I lost a good job at the beginning of the pandemic, and while I did eventually find a replacement, the pay just wasn’t cutting it. I started experimenting with online sex work
I’ve begun the process of connecting with other sex workers over social media but I haven’t really gotten close with anyone yet. It’s definitely been nice to platonically connect with people I know won’t judge but dating has been a different story. I’m struggling with the question of when to disclose my status as a sex worker.
I only date men, who on the whole, still seem deeply conflicted about seeing sex workers as human enough to partner with. For all the popularity of OnlyFans, sex work stigma is still so common, and I’ve had people say awful things to me over dating apps when I’m honest about being a creator after matching. When is the best time to mention to potential suitors that I do sex work? I hate how heartbreaking the process has become.
My Lips Are Sealed
Dear My Lips Are Sealed,
I'm so sorry for your poor sweet heart. It must be really jarring to be confronted with the world’s conflicting reactions to your profession. On the one hand, OnlyFans is so well known, it's basically a household name. And yet, it’s clear that the new social permissiveness of porn has caused a huge backlash. Online sex workers continue to be chased around the internet as powerful forces enact their anti-porn agenda on the corporate entities that host it.
While all of that is happening, you yourself are still a rookie, and would likely still be finding your footing even under ideal circumstances. That’s quite a lot to navigate! It was a great idea to prioritize building community around yourself. As a member of a highly persecuted class of workers, strong support and solidarity will carry you far, and catch you if you fall on hard times.
I'd just like to take a moment to state formally that I myself have never done sex work. As a sex educator and writer, it’s been a pleasure to be part of a professional community that includes them but their work is marginalized in ways that mine is not, and my secondhand knowledge does not overrule their lived experiences. That being said, if you’ll allow me, I'd like to impart some of the wisdom that my sex worker friends have been gracious enough to share with me.
First, you mention using dating apps, which actually affords you a unique opportunity to state the truth up front. You may be understandably wary of outing yourself like that, especially after some of the treatment you’ve received, but you don’t necessarily have to put "OnlyFans creator" in the career section of your profile. You can merely allude to it, or include a sexy selfie with a suggestive caption among your photos.

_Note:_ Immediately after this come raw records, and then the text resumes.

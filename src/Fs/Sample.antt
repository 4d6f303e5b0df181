-- ===== src/Fs/Sample.antt =====
-- A small file system on which the functions of fs.c are run.
use chameleon_os.Base.{
  ℕ, ◌/◌, ◌*◌, ◌≤◌, ◌≡◌, refl, true, false, none, some, ◌&&◌, [], arith, ◌==◌, if◌then◌else◌,
}
use chameleon_os.Log.Room.{HasRoom}
use chameleon_os.Fs.Bits.{bit, byte, get_byte}
use chameleon_os.Fs.Disk.{Fs, Inode}
use chameleon_os.Fs.Disk.Alloc.{used, BitmapUsed}

-- Inode 1, whose only block is block 4.
abbrev pub file : Inode
file = record {
  dev = 1;
  inum = 1;
  ref = 1;
  lock = some 3;
  valid = true;
  type = 2;
  major = 0;
  minor = 0;
  nlink = 1;
  size = 4;
  addrs = λ j. if j == 0 then 4 else 0;
}

-- The boot block, the superblock, the inodes, the bitmap, block 4, and three free blocks.
abbrev pub disk : Fs
disk = record {
  log = record { start = 2; size = 31; outstanding = 1; committing = false; lh = []; waiting = 0 };
  store = record {
    disk = λ b i. if (b == 3) && (i == 0) then 31 else 0;
    pinned = λ b. none;
    power = 100;
  };
  sb = record {
    size = 8;
    nblocks = 4;
    ninodes = 8;
    nlog = 31;
    logstart = 2;
    inodestart = 2;
    bmapstart = 3;
  };
  inode = λ i. file;
  has_read = λ m. false;
  has_write = λ m. false;
}

pub marks :
    (used disk 0 ≡ true) × (used disk 2 ≡ true) × (used disk 3 ≡ true) × (used disk 4 ≡ true)
unfolding bit byte get_byte
marks = (refl, refl, refl, refl)

pub disk-BitmapUsed : BitmapUsed disk
disk-BitmapUsed z lt = let e : z / (512 * 8) ≡ 0 = omega (arith, lt) in rw e marks.2

pub room : (n : ℕ) → n ≤ 30 → HasRoom n disk.log
room n h = record {
  header = omega (arith, h);
  fits = omega (arith, h);
  busy = omega arith;
  signed = omega arith;
}
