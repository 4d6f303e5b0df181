-- ===== src/Fs/Cache/Examples.antt =====
-- `iget` of fs.c on a cache with one inode in use.
use chameleon_os.Base.{◌<◌, ◌≡◌, refl, false, arith, ◌==◌, if◌then◌else◌}
use chameleon_os.Base.Machine.{ok, uint_add}
use chameleon_os.Fs.Disk.{Fs}
use chameleon_os.Fs.Inode.{set_inode}
use chameleon_os.Fs.Cache.{ninode, find_inode, iget}
use chameleon_os.Fs.Cache.Unique.{IsUnique, iget-IsUnique}
use chameleon_os.Fs.Sample.{disk, file}

-- Only entry 0 is in use.
abbrev one_used : Fs
one_used = record disk { inode = λ i. if i == 0 then file else record file { ref = 0 } }

one_used-IsUnique : IsUnique one_used.inode
one_used-IsUnique = record { once = λ i j h h' r r' d n. ground (arith, r, r') }

-- Inode 2 is not in the cache, and gets entry 1.
abbrev after : Fs
after = set_inode one_used 1 (record file { inum = 2; valid = false })

gets : iget one_used 1 2 ≡ ok (after, 1)
unfolding iget find_inode
gets = refl

iget-IsUnique_example :
    (1 < ninode)
    × ((after.inode 1).dev ≡ 1)
    × ((after.inode 1).inum ≡ 2)
    × ((after.inode 1).ref ≡ uint_add 0 1)
    × IsUnique after.inode
iget-IsUnique_example = iget-IsUnique one_used after 1 2 1 one_used-IsUnique gets
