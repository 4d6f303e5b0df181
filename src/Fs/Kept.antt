-- ===== src/Fs/Kept.antt =====
-- Functions of fs.c inside a transaction: rules for those that leave `log.outstanding` alone.
use chameleon_os.Base.{ℕ, ◌≡◌, Bool, true, false, Option, none, some, if◌then◌else◌}
use chameleon_os.Base.Machine.{Run, ok, panic, ◌>>=◌}
use chameleon_os.Fs.Disk.{Fs}

-- `n` operations are outstanding.
abbrev pub Open : ℕ → Fs → Type 0
Open n fs = fs.log.outstanding ≡ n

-- They still are when the run ends, if it does not panic.
pub data Keeps (n : ℕ) : Run Fs → Type 0 where
  kept : (fs : Fs) → Open n fs → Keeps n (ok fs)
  stopped : Keeps n panic

pub data Gives (n : ℕ) {A : Type 0} : Run (Fs × A) → Type 0 where
  given : (fs : Fs) (a : A) → Open n fs → Gives n (ok (fs, a))
  stopped : Gives n panic

module _ {n : ℕ} where
  pub Keeps-bind :
      (m : Run Fs) (f : Fs → Run Fs)
      → Keeps n m
      → ((fs : Fs) → Open n fs → Keeps n (f fs))
      → Keeps n (m >>= f)
  Keeps-bind _ f (Keeps.kept fs h) k = k fs h
  Keeps-bind _ f Keeps.stopped k = Keeps.stopped

  pub Keeps-if : (b : Bool) (m m' : Run Fs) → Keeps n m → Keeps n m' → Keeps n (if b then m else m')
  Keeps-if true m m' k k' = k
  Keeps-if false m m' k k' = k'

module _ {n : ℕ} {A : Type 0} where
  pub Gives-bind :
      (m : Run Fs) (f : Fs → Run (Fs × A))
      → Keeps n m
      → ((fs : Fs) → Open n fs → Gives n (f fs))
      → Gives n (m >>= f)
  Gives-bind _ f (Keeps.kept fs h) k = k fs h
  Gives-bind _ f Keeps.stopped k = Gives.stopped

  pub Gives-if :
      (b : Bool) (m m' : Run (Fs × A)) → Gives n m → Gives n m' → Gives n (if b then m else m')
  Gives-if true m m' k k' = k
  Gives-if false m m' k k' = k'

  pub Keeps-then :
      (m : Run (Fs × A)) (f : Fs × A → Run Fs)
      → Gives n m
      → ((fs : Fs) (a : A) → Open n fs → Keeps n (f (fs, a)))
      → Keeps n (m >>= f)
  Keeps-then _ f (Gives.given fs a h) k = k fs a h
  Keeps-then _ f Gives.stopped k = Keeps.stopped

module _ {n : ℕ} {A B : Type 0} where
  pub Gives-then :
      (m : Run (Fs × A)) (f : Fs × A → Run (Fs × B))
      → Gives n m
      → ((fs : Fs) (a : A) → Open n fs → Gives n (f (fs, a)))
      → Gives n (m >>= f)
  Gives-then _ f (Gives.given fs a h) k = k fs a h
  Gives-then _ f Gives.stopped k = Gives.stopped

module _ {n : ℕ} {A B : Type 0} where
  pub Gives-option :
      (o : Option B) (m : Run (Fs × A)) (f : B → Run (Fs × A))
      → Gives n m
      → ((b : B) → Gives n (f b))
      → Gives n (elim o [ none ↦ m | some b ↦ f b ])
  Gives-option none m f k k' = k
  Gives-option (some b) m f k k' = k' b

pub ruleset kept_rules = (
  Keeps.kept, Keeps.stopped, Gives.given, Gives.stopped, Keeps-bind, Keeps-if, Gives-bind, Gives-if,
  Keeps-then, Gives-then, Gives-option,
)
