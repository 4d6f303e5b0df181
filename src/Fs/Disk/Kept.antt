-- ===== src/Fs/Disk/Kept.antt =====
-- The block allocator of fs.c leaves `log.outstanding` alone.
use chameleon_os.Base.{ℕ, zero, suc, ◌+◌, ◌∙◌, ap, inl, inr}
use chameleon_os.Base.Machine.{Run-cases}
use chameleon_os.Store.{Block, Store}
use chameleon_os.Log.{Log, log_write}
use chameleon_os.Log.Room.{log_write-inv}
use chameleon_os.Fs.Disk.{
  Fs, block, put_block, bpb, bblock, first_clear, take_block, balloc_from, balloc, bfree,
}
use chameleon_os.Fs.Kept.{Open, Keeps, Gives, Gives-option, kept_rules}

pub put_block-Keeps : (n : ℕ) (fs : Fs) (b : ℕ) (v : Block) → Open n fs → Keeps n (put_block fs b v)
unfolding put_block
put_block-Keeps n fs b v h = elim (Run-cases (log_write fs.log fs.store b v)) [
  | inl e ↦ rw (put_block, e) Keeps.stopped
  | inr ((l, s), e) ↦
      rw (put_block, e)
        (Keeps.kept (record fs { log = l; store = s })
          (ap (λ (r : Log × Store). r.0.outstanding) (log_write-inv fs.log fs.store b v (l, s) e)
            ∙ h))
]

take_block-Gives : (n : ℕ) (fs : Fs) (b bi : ℕ) → Open n fs → Gives n (take_block fs b bi)
unfolding take_block
take_block-Gives n fs b bi h = search (kept_rules, put_block-Keeps)

balloc_from-Gives : (n : ℕ) (fs : Fs) (b k : ℕ) → Open n fs → Gives n (balloc_from fs b k)
unfolding balloc_from
balloc_from-Gives n fs b zero h = search kept_rules
balloc_from-Gives n fs b (suc k) h =
    let rest = balloc_from-Gives n fs (b + bpb) k h in
    Gives-option (first_clear (block fs (bblock fs b)) 0 _) _ _ rest
      (λ bi. take_block-Gives n fs b bi h)

pub balloc-Gives : (n : ℕ) (fs : Fs) → Open n fs → Gives n (balloc fs)
unfolding balloc
balloc-Gives n fs h = balloc_from-Gives n fs 0 _ h

pub bfree-Keeps : (n : ℕ) (fs : Fs) (b : ℕ) → Open n fs → Keeps n (bfree fs b)
unfolding bfree
bfree-Keeps n fs b h = search (kept_rules, put_block-Keeps)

While there is still the possibility of attracting incels, whorephobes, and other garden variety misogynists, those types of people often make themselves known, one way or another. You're unlikely to swipe right on anyone who mentions a “crazy ex” or the self-proclaimed Nice Guys anyway, depriving them of the chance to spew their venom. Does this involve some degree of profiling? Maybe, but unfortunately, that’s the nature of these swipe-happy apps that send all the spoils to pretty people, and feel eerily like shopping. Do your best to be discerning, but don’t blame yourself for the wolves in sheep’s clothing either.
In the event that you're still meeting people the old-fashioned way – that is, out in the real world – first of all, way to go! Our polarized, pandemic-addled, digitalized dystopia makes this ever rarer. It can be easy to forget how meeting people in the wild can offer a sense of anonymity that internet culture has all but obliterated. But when relationships can develop offline and organically, you can be choosier about what to reveal when. Plus, it’s easier to be accepting of people when we have experienced their humanity and not just their pixelated avatar.
There is the risk of starting to fall for someone and discovering later that they’re Not Cool with what you do. I can’t lie; that’s a tough call. But in that case, if they’ve really started to fall for you too, they may be much more open to being educated about what you do. That person may discover that their apprehension was rooted in ignorance, and prove themself more than capable of being a supportive partner.
I’ve heard of sex workers creating little libraries out of Google Docs, containing various articles, Ted Talks, and podcast episodes offering accurate, affirming information about sex work. That way, should the need to educate a new suitor arise, you’ll be well prepared without having to expend that labor. This will also help weed out the guys who just want to “bang a porn star” without acknowledging the realities of a relationship.
I wish I could offer you a foolproof guide to navigating dating as a sex worker, online or off. But I’m afraid there is no true “best time” or best way to share with someone that you do sex work while steeped in a society that heaps so much shame upon the profession. My best advice: keep leaning into your new network. As you continue to build your community of fellow sex workers, your social circle will naturally start to overlap with pro-sex work people, and soon enough, sparks may just start to fly. Best of luck!